PagerDuty’s (NYSE: PD) bottom line and topline results for the second quarter of fiscal 2020 surpassed the market’s views. However, PagerDuty stock, which ended down 3.79% at $36.60 when the market closed today, dropped about 7% in the extended trading session as the company provided mixed outlook for the third quarter of 2020.
For the second quarter ending July 2019, PagerDuty reported non-GAAP net loss per share of $0.07 compared to a loss of $0.18 per share in the second quarter of fiscal 2019. Revenue jumped 45% to $40.4 million. Analysts had predicted the company to post a loss of 10 cents per share on revenue of $39.12 million.

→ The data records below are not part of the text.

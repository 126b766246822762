-- ===== src/Weights.antt =====
-- shard/shard/weightkeys.py: which layer or which end of the model a tensor belongs to, by its name, and where a
-- checkpoint puts its layers. A match of one of the patterns is of whole components between dots, and a digit is one of
-- ASCII.
pub mod Layout
pub mod Named
use shard_glm_image.Base.{
  ℕ, zero, suc, ◌+◌, ◌-◌, ◌*◌, ◌==◌, Bool, true, false, not, ◌&&◌, ◌||◌, Option, none, some, List,
  [], ◌∷◌, ◌++◌, ltb, leb, if◌then◌else◌, length, take, map,
}
use shard_glm_image.Base.Sort.{sort_by}
use shard_glm_image.Base.Text.{Text, codes, starts_with, same_text}

-- The components of a name, at its dots.
unfoldable pub split_dots : Text → List Text
split_dots [] = [] ∷ []
split_dots (c ∷ t) = if c == b'.' then [] ∷ split_dots t else onto c (split_dots t)
  where
    onto : ℕ → List Text → List Text
    onto c [] = (c ∷ []) ∷ []
    onto c (part ∷ parts) = (c ∷ part) ∷ parts

unfoldable pub join_dots : List Text → Text
join_dots [] = []
join_dots (part ∷ []) = part
join_dots (part ∷ next ∷ parts) = part ++ b'.' ∷ join_dots (next ∷ parts)

unfoldable pub is_digit : ℕ → Bool
is_digit c = leb b'0' c && leb c b'9'

-- `\d+`, all of a component, and `int` of it.
unfoldable pub number_from : ℕ → Text → Option ℕ
unfolding is_digit
number_from acc [] = some acc
number_from acc (c ∷ t) =
    let rest = number_from (acc * 10 + (c - b'0')) t in if is_digit c then rest else none

unfoldable pub number_of : Text → Option ℕ
unfolding number_from
number_of [] = none
number_of (c ∷ t) = number_from 0 (c ∷ t)

-- A place of a name and the number there.
abbrev pub one_on : Option (ℕ × ℕ) → Option (ℕ × ℕ)
one_on none = none
one_on (some (i, n)) = some (suc i, n)

abbrev pub here_or : Option ℕ → Option (ℕ × ℕ) → Option (ℕ × ℕ)
here_or none other = other
here_or (some n) other = some (0, n)

-- `_LAYER_RE.search`, in the components: where `layers` stands before a number that is not the last component.
unfoldable pub layer_at : List Text → Option (ℕ × ℕ)
unfolding same_text number_of
layer_at [] = none
layer_at (a ∷ []) = none
layer_at (a ∷ b ∷ []) = none
layer_at (a ∷ b ∷ c ∷ parts) =
    let later = one_on (layer_at (b ∷ c ∷ parts)) in
    if same_text a (codes "layers") then here_or (number_of b) later else later

-- `_EMBED_RE.search`, `_NORM_RE.search` and `_HEAD_RE.search`, in the components.
unfoldable pub part_at : Text → List Text → Option ℕ
unfolding same_text
part_at word [] = none
part_at word (a ∷ parts) =
    let later : Option ℕ = elim (part_at word parts) [ none ↦ none | some i ↦ some (suc i) ] in
    if same_text a word then some 0 else later

unfoldable pub layer_of : Text → Option ℕ
unfolding layer_at split_dots
layer_of tensor = elim (layer_at (split_dots tensor)) [ none ↦ none | some (i, n) ↦ some n ]

pub data Boundary : Type 0 where
  embed norm lm_head : Boundary

abbrev pub word_of : Boundary → Text
word_of embed = codes "embed_tokens"
word_of norm = codes "norm"
word_of lm_head = codes "lm_head"

-- The first of the boundaries that is a component, with its place.
unfoldable pub first_boundary : List Boundary → List Text → Option (Boundary × ℕ)
unfolding part_at
first_boundary [] parts = none
first_boundary (b ∷ bs) parts =
    let later = first_boundary bs parts in
    elim (part_at (word_of b) parts) [ none ↦ later | some i ↦ some (b, i) ]

abbrev pub boundaries : List Boundary
boundaries = embed ∷ norm ∷ lm_head ∷ []

abbrev pub boundary_at : List Text → Option (Boundary × ℕ)
unfolding layer_at first_boundary
boundary_at parts = elim (layer_at parts) [
  | some found ↦ none
  | none ↦ first_boundary boundaries parts
]

unfoldable pub boundary_of : Text → Option Boundary
unfolding boundary_at split_dots layer_at first_boundary
boundary_of tensor = elim (boundary_at (split_dots tensor)) [ none ↦ none | some (b, i) ↦ some b ]

-- `_path_at`, of a match that ends with the component at `i`.
unfoldable pub path_at : List Text → ℕ → Text
unfolding join_dots
path_at parts i = join_dots (take (suc i) parts)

On a GAAP basis, net loss was $12.6 million or $0.17 per share compared to a loss of $12.6 million or $0.59 in the second quarter of fiscal 2019.

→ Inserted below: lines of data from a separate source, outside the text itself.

-- ===== src/Weights/Layout.antt =====
-- shard/shard/weightkeys.py `namespace`: where a checkpoint puts its layers and its ends. A set of paths is a list
-- without repetitions.
use shard_glm_image.Base.{
  ℕ, ◌+◌, ◌-◌, ◌==◌, Bool, true, false, ◌&&◌, ◌||◌, Option, none, some, List, [], ◌∷◌, ◌++◌, ltb,
  if◌then◌else◌, length, take,
}
use shard_glm_image.Base.Sort.{sort_by}
use shard_glm_image.Base.Text.{Text, codes, starts_with, same_text}
use shard_glm_image.Weights.{
  Boundary, embed, norm, lm_head, split_dots, join_dots, layer_at, path_at, boundaries,
  first_boundary,
}

abbrev pub is_path : Text → List Text → Bool
is_path path [] = false
is_path path (p ∷ paths) = same_text p path || is_path path paths

-- `set.add`
unfoldable pub add_path : Text → List Text → List Text
unfolding same_text
add_path path paths = if is_path path paths then paths else paths ++ path ∷ []

-- `towers`, each path with its layers, and `edges`.
pub record Found : Type 0 where
  pub towers : List (Text × List ℕ)
  pub embeds : List Text
  pub norms : List Text
  pub heads : List Text

abbrev pub is_number : ℕ → List ℕ → Bool
is_number n [] = false
is_number n (m ∷ ms) = m == n || is_number n ms

-- `towers.setdefault(path, set()).add(n)`
unfoldable pub add_layer : Text → ℕ → List (Text × List ℕ) → List (Text × List ℕ)
unfolding same_text
add_layer path n [] = (path, n ∷ []) ∷ []
add_layer path n ((q, ns) ∷ towers) =
    if same_text q path
    then (q, if is_number n ns then ns else n ∷ ns) ∷ towers
    else (q, ns) ∷ add_layer path n towers

abbrev pub add_edge : Found → Boundary → Text → Found
unfolding add_path
add_edge f embed path = record f { embeds = add_path path f.embeds }
add_edge f norm path = record f { norms = add_path path f.norms }
add_edge f lm_head path = record f { heads = add_path path f.heads }

-- One name of the loop of `namespace`.
abbrev pub add_boundary : Found → List Text → Option (Boundary × ℕ) → Found
unfolding add_path path_at
add_boundary f parts none = f
add_boundary f parts (some (b, i)) = add_edge f b (path_at parts i)

unfoldable pub add_name : Found → Text → Found
unfolding layer_at first_boundary split_dots path_at add_layer add_boundary
add_name f tensor =
    let parts = split_dots tensor in
    elim (layer_at parts) [
      | some (i, n) ↦ record f { towers = add_layer (path_at parts i) n f.towers }
      | none ↦ add_boundary f parts (first_boundary boundaries parts)
    ]

unfoldable pub add_names : Found → List Text → Found
unfolding add_name
add_names f [] = f
add_names f (tensor ∷ names) = add_names (add_name f tensor) names

-- `path.rsplit(".", 1)[0] if "." in path else ""`
unfoldable pub parent : Text → Text
unfolding split_dots join_dots
parent path = let parts = split_dots path in join_dots (take (length parts - 1) parts)

abbrev pub under_it : Text → List Text → Bool
unfolding parent same_text
under_it inner [] = false
under_it inner (c ∷ cs) = same_text (parent c) inner || under_it inner cs

abbrev pub vote : Bool → ℕ
vote true = 1
vote false = 0

-- `score` of `_decoder_tower`.
unfoldable pub score : Found → Text × List ℕ → ℕ × ℕ
unfolding parent same_text under_it
score f (path, layers) =
    let inner = parent path in
    (vote (under_it inner f.embeds) + vote (under_it inner f.norms), length layers)

abbrev pub less_score : ℕ × ℕ → ℕ × ℕ → Bool
less_score (v, n) (w, m) = ltb v w || (v == w && ltb n m)

-- `max` with a key: the first of the largest.
unfoldable pub decoder_tower : Found → Text × List ℕ → List (Text × List ℕ) → Text
unfolding score
decoder_tower f (path, layers) [] = path
decoder_tower f best (tower ∷ towers) =
    let other = decoder_tower f tower towers in
    let same = decoder_tower f best towers in
    if less_score (score f best) (score f tower) then other else same

-- `<=` on texts.
unfoldable pub le_text : Text → Text → Bool
le_text [] t = true
le_text (a ∷ s) [] = false
le_text (a ∷ s) (b ∷ t) = ltb a b || (a == b && le_text s t)

unfoldable pub inside : Text → List Text → List Text
unfolding starts_with
inside [] paths = paths
inside (u ∷ under) [] = []
inside (u ∷ under) (c ∷ paths) =
    let rest = inside (u ∷ under) paths in
    if starts_with c ((u ∷ under) ++ b'.' ∷ []) then c ∷ rest else rest

abbrev pub first_of : List Text → Text → Text
first_of [] other = other
first_of (c ∷ paths) other = c

-- `t.lstrip(".")`
unfoldable pub lstrip_dots : Text → Text
lstrip_dots [] = []
lstrip_dots (c ∷ t) = let rest = lstrip_dots t in if c == b'.' then rest else c ∷ t

-- `(inside or found or [default.lstrip(".")])[0]`
unfoldable pub pick : Text → Text → List Text → Text
unfolding inside sort_by le_text lstrip_dots
pick under word paths =
    let found = sort_by le_text paths in
    first_of (inside under found) (first_of found (lstrip_dots (under ++ b'.' ∷ word)))

pub record Layout : Type 0 where
  pub inner : Text
  pub layers : Text
  pub embed : Text
  pub norm : Text
  pub lm_head : Text

-- `HF_LAYOUT`
abbrev pub hf_layout : Layout
hf_layout = record {
  inner = codes "model";
  layers = codes "model.layers";
  embed = codes "model.embed_tokens";
  norm = codes "model.norm";
  lm_head = codes "lm_head";
}

unfoldable pub layout_of : Found → Option Layout
unfolding decoder_tower parent pick
layout_of f = elim f.towers [
  | [] ↦ none
  | tower ∷ towers ↦
      let layers = decoder_tower f tower towers in
      let inner = parent layers in
      some (record {
        inner = inner;
        layers = layers;
        embed = pick inner (codes "embed_tokens") f.embeds;
        norm = pick inner (codes "norm") f.norms;
        lm_head = pick (parent inner) (codes "lm_head") f.heads;
      })
]

-- `namespace`, with `none` for the `ValueError`.
unfoldable pub namespace : List Text → Option Layout
unfolding add_names layout_of
namespace [] = some hf_layout
namespace (tensor ∷ names) =
    layout_of
      (add_names (record { towers = []; embeds = []; norms = []; heads = [] }) (tensor ∷ names))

For the third quarter of fiscal 2020, PagerDuty expects revenue to grow 33-36% year-over-year to a range of $41.5 million to $42.5 million. Non-GAAP net loss per share is expected to be in the range of $0.09 – $0.10 compared to the market’s expectations of 8 cents loss per share.
The San Francisco-based firm lifted its outlook for fiscal 2020. The company now expects revenue to be in the range of $162 million to $164 million, representing a growth rate of 37-39% versus the previous estimate of $161 million to $163 million. Non-GAAP net loss per share is pegged to be $0.36 – $0.37 compared to the previous loss per share outlook of $0.37 – $0.38.
PagerDuty, which went public in April this year, had over 12,000 customers as of July 31, 2019. New and expansion customers include Marks and Spencer, Vanguard, WooliesX (Woolworths), Stripe, IHS Markit, Monzo, DoorDash, and Clover Health.
PagerDuty stock, which hit a new high of $59.82 on June 17, had dropped 23% in the last three months.